A more powerful embedded model performs sequence analysis. How long does it take to get from point A to point B through a series of intermediate steps? Or, of the alternate ways to get from point A to point B, which is the fastest? Hypermedia environments with embedded links facilitate such analyses, since an explicit and external state-transition description may not be needed. The agent acts on the screen definitions and links (as they exist in the application) in evaluating alternative or optimal paths.
An embedded model is obviously more than a software routine with Fitts' law built into it. System and user performance constants, similar to those in the Keystroke-Level Model, are needed. A parametric analysis could identify bottlenecks or optimal combinations. For example, decreasing pointing time by 10% vs. decreasing user keystroke time by 10% may have vastly different effects on overall task completion time. If a task can be accomplished two ways (e.g., 4 point-select operations vs. 20 keystrokes), which is the fastest? A parametric analysis could identify cross-over points across settings (as shown in the example in the previous section). The designer could establish ranges and weights for parameters, and an agent, armed with embedded models, would take it from there.
Fitts' law may have a role in user-adaptive systems – systems with a human-interface which changes in real time to accommodate a user's capabilities and limitations (Rouse, 1988). Control systems for air traffic, ground traffic, power generation or industrial processes are potential instances. One can imagine several human operators interacting with a complex system by manipulating iconic controls in response to system events. As system dynamics change, the demands on operators change. A Fitts' law model could assist in measuring the load on operators and predicting their performance. In safety-critical settings, Fitts' law could help assign each operator's work to maintain a desired sub-maximum level of performance.

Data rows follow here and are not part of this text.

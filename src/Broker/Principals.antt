-- ===== src/Broker/Principals.antt =====
-- Principals and their grants: `add_principal`, `get_principal_by_github_subject`,
-- `allow_github_principal`, `enroll_principal_key`, `list_grants` and `active_grant_scopes` of
-- src/auth-broker/app/adapters/sqlite.py. `public_jwk_thumbprint` and the JSON text of a public key
-- are parameters, and so is the order of the ISO texts of datetimes, by which SQL compares them.
mod Rows
pub mod Keys
pub mod Enrolled
pub mod Subjects
pub mod Granted
unfoldable pub use Rows.*
use Prim.Native.Nat.{Ordering}
use mathai_ai_swarm_memory.Common.{
  ℕ, ◌+◌, ◌≡◌, Bool, true, false, not, ◌&&◌, ◌||◌, List, [], ◌∷◌, ◌++◌, Option, none, some, leb,
  ltb, ◌==◌, if◌then◌else◌, is_empty, length, find, any, all, keep, update_where, map, String,
  str_eq, string_append, is_unset, Codes, codes, is_space, compare_text, Result, ok, err, guard,
  ◌>>=◌, ◌>>◌, committed,
}
use mathai_ai_swarm_memory.Broker.Store.{
  Datetime, is_before, aware, Error, value_error, scope_error, integrity_error, PrincipalRow,
  GrantRow, GrantEvent, principal_added, GrantAuditRow, Store, is_null, Outcome,
}
use mathai_ai_swarm_memory.Broker.Scopes.{
  is_member, validate_role, validate_scope, validate_grant_ttl,
}
use mathai_ai_swarm_memory.Broker.Grants.{Grant, insert_grant_locked}

module _ (texts : Texts) where
  unfoldable pub add_principal_tx :
      String
      → String
      → String
      → Datetime
      → Option Jwk
      → Option String
      → Store
      → Result Error (Principal × Store)
  add_principal_tx principal_id github_subject role now jwk github_login st = do
    aware now
    checked ← validate_role role
    guard (not (is_unset principal_id) && leb (length (codes principal_id)) 64) value_error
    guard (texts.is_digits github_subject) value_error
    login ← cached_login github_login
    columns ← jwk_columns texts jwk
    let row = new_principal texts principal_id github_subject role now columns login
    st' ← insert_principal_locked row st
    ok (principal_row texts row, st')

  unfoldable pub add_principal :
      String → String → String → Datetime → Option Jwk → Option String → Store → Outcome Principal
  add_principal principal_id github_subject role now jwk github_login st =
      committed st (add_principal_tx principal_id github_subject role now jwk github_login st)

  -- `ORDER BY created_at, id`
  abbrev pub listed_before : PrincipalRow → PrincipalRow → Bool
  listed_before a b =
      texts.precedes a.created_at b.created_at
      || (not (texts.precedes b.created_at a.created_at) && text_before a.id b.id)

  unfoldable pub list_principals : Store → List Principal
  list_principals st = map (principal_row texts) (ordered listed_before st.principals)

  -- The choice of `get_principal_by_github_subject` among the active rows.
  unfoldable pub choose_principal : String → List Principal → Option Principal
  choose_principal github_subject principals =
      elim (find (λ (p : Principal). str_eq p.id (canonical_id github_subject)) principals) [
        | some p ↦ some p
        | none ↦ elim principals [ p ∷ rest ↦ if is_empty rest then some p else none | [] ↦ none ]
      ]

  unfoldable pub get_principal_by_github_subject : String → Store → Result Error (Option Principal)
  get_principal_by_github_subject github_subject st = do
    guard (texts.is_digits github_subject) value_error
    ok (
        choose_principal github_subject (
          map (principal_row texts)
            (ordered listed_before (keep (is_active_subject github_subject) st.principals))))

  -- `enroll_principal_key`
  unfoldable pub enroll_tx : String → Jwk → Datetime → Store → Result Error (Principal × Store)
  enroll_tx principal_id jwk now st = do
    aware now
    key ← public_jwk texts jwk
    elim (find (has_id principal_id) st.principals) [
      | none ↦ err value_error
      | some row ↦ do
        guard (is_null row.revoked_at) value_error
        guard
            (is_null (principal_row texts row).jwk
              && is_null (principal_row texts row).jwk_thumbprint)
            value_error
        let enroll =
            λ (p : PrincipalRow). record p { jwk = texts.dumps key.0; jwk_thumbprint = key.1 }
        ok (
          principal_row texts (enroll row),
          record st { principals = update_where (has_id principal_id) enroll st.principals },
        )
    ]

  unfoldable pub enroll_principal_key : String → Jwk → Datetime → Store → Outcome Principal
  enroll_principal_key principal_id jwk now st = committed st (enroll_tx principal_id jwk now st)

  -- The scopes without repetitions, each of them valid for the role.
  unfoldable pub checked_scopes : String → List String → List String → Result Error (List String)
  checked_scopes role checked [] = ok checked
  checked_scopes role checked (scope ∷ scopes) = do
    valid ← validate_scope scope (some role)
    checked_scopes role (if is_member scope checked then checked else checked ++ scope ∷ []) scopes

  -- `_insert_grant_locked` for each scope; the k-th random id is an argument.
  unfoldable pub insert_grants :
      (ℕ → String) → ℕ → String → List String → Datetime → Datetime → Store → Result Error Store
  insert_grants ids k principal_id [] now expires_at st = ok st
  insert_grants ids k principal_id (scope ∷ scopes) now expires_at st = do
    inserted ← insert_grant_locked (ids k) principal_id scope now expires_at st
    insert_grants ids (k + 1) principal_id scopes now expires_at inserted.1

  -- The principal of `allow_github_principal`, new or with the new login and role.
  unfoldable pub upsert_principal :
      String → String → String → String → Datetime → Store → Result Error Store
  upsert_principal principal_id github_subject login role now st =
      elim (find (has_id principal_id) st.principals) [
        | none ↦
            insert_principal_locked
              (new_principal texts principal_id github_subject role now ("", "") (some login)) st
        | some row ↦ do
          guard (is_null row.revoked_at) value_error
          guard (str_eq row.github_subject github_subject) value_error
          ok (record st {
            principals =
                update_where (has_id principal_id)
                  (λ p. record p { github_login = some login; role = role }) st.principals;
          })
      ]

  unfoldable pub allow_tx :
      (ℕ → String)
      → String
      → String
      → String
      → List String
      → Datetime
      → Datetime
      → Store
      → Result Error (Unit {0} × Store)
  allow_tx ids github_subject github_login role scopes now expires_at st = do
    aware now
    aware expires_at
    checked_role ← validate_role role
    guard (texts.is_digits github_subject) value_error
    login ← cached_login (some github_login)
    guard (not (is_empty scopes)) scope_error
    checked ← checked_scopes role [] scopes
    validate_grant_ttl now expires_at
    let principal_id = canonical_id github_subject
    guard (leb (length (codes principal_id)) 64) value_error
    st' ← upsert_principal principal_id github_subject github_login role now st
    st'' ← insert_grants ids 0 principal_id checked now expires_at st'
    ok (tt, st'')

  abbrev read_back : String → Store → Result Error Principal
  read_back principal_id st = elim (get_principal texts principal_id st) [
    | none ↦ err value_error
    | some p ↦ ok p
  ]

  -- `allow_github_principal`: the principal is read again behind the transaction.
  unfoldable pub allow_github_principal :
      (ℕ → String)
      → String
      → String
      → String
      → List String
      → Datetime
      → Datetime
      → Store
      → Outcome Principal
  allow_github_principal ids github_subject github_login role scopes now expires_at st =
      let (result, st') =
        committed st (allow_tx ids github_subject github_login role scopes now expires_at st) in
      (result >>= λ u. read_back (canonical_id github_subject) st', st')

  -- `WHERE principal_id = ? AND revoked_at IS NULL AND expires_at > ?`
  abbrev pub is_listed : String → Datetime → GrantRow → Bool
  is_listed principal_id now g =
      str_eq g.principal_id principal_id && is_null g.revoked_at && texts.precedes now g.expires_at

  abbrev pub to_grant : GrantRow → Grant
  to_grant g = record {
    id = g.id;
    principal_id = g.principal_id;
    scope = g.scope;
    created_at = g.created_at;
    expires_at = g.expires_at;
  }

  unfoldable pub list_grants : String → Datetime → Store → Result Error (List Grant)
  list_grants principal_id now st = do
    aware now
    ok (
        map to_grant (
          ordered (λ (a b : GrantRow). text_before a.scope b.scope)
            (keep (is_listed principal_id now) st.grants)))

  unfoldable pub active_grant_scopes : String → Datetime → Store → Result Error (List String)
  active_grant_scopes principal_id now st = do
    grants ← list_grants principal_id now st
    ok (map (λ (g : Grant). g.scope) grants)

Human-computer interaction has advanced by leaps and bounds in recent years. We can attribute this primarily to the improved interfaces advanced through the technologies of mouse input and bit-mapped graphic output. There is an ongoing and valuable need for the prediction and modeling of user activities within such environments. As human-machine dialogues evolve and become more "direct", the processes and limitations underlying man's ability to execute rapid, precise movements emerge as performance determinants in interactive systems. Powerful models such as Fitts' law can provide vital insight into strategies for optimizing performance in a diverse design space.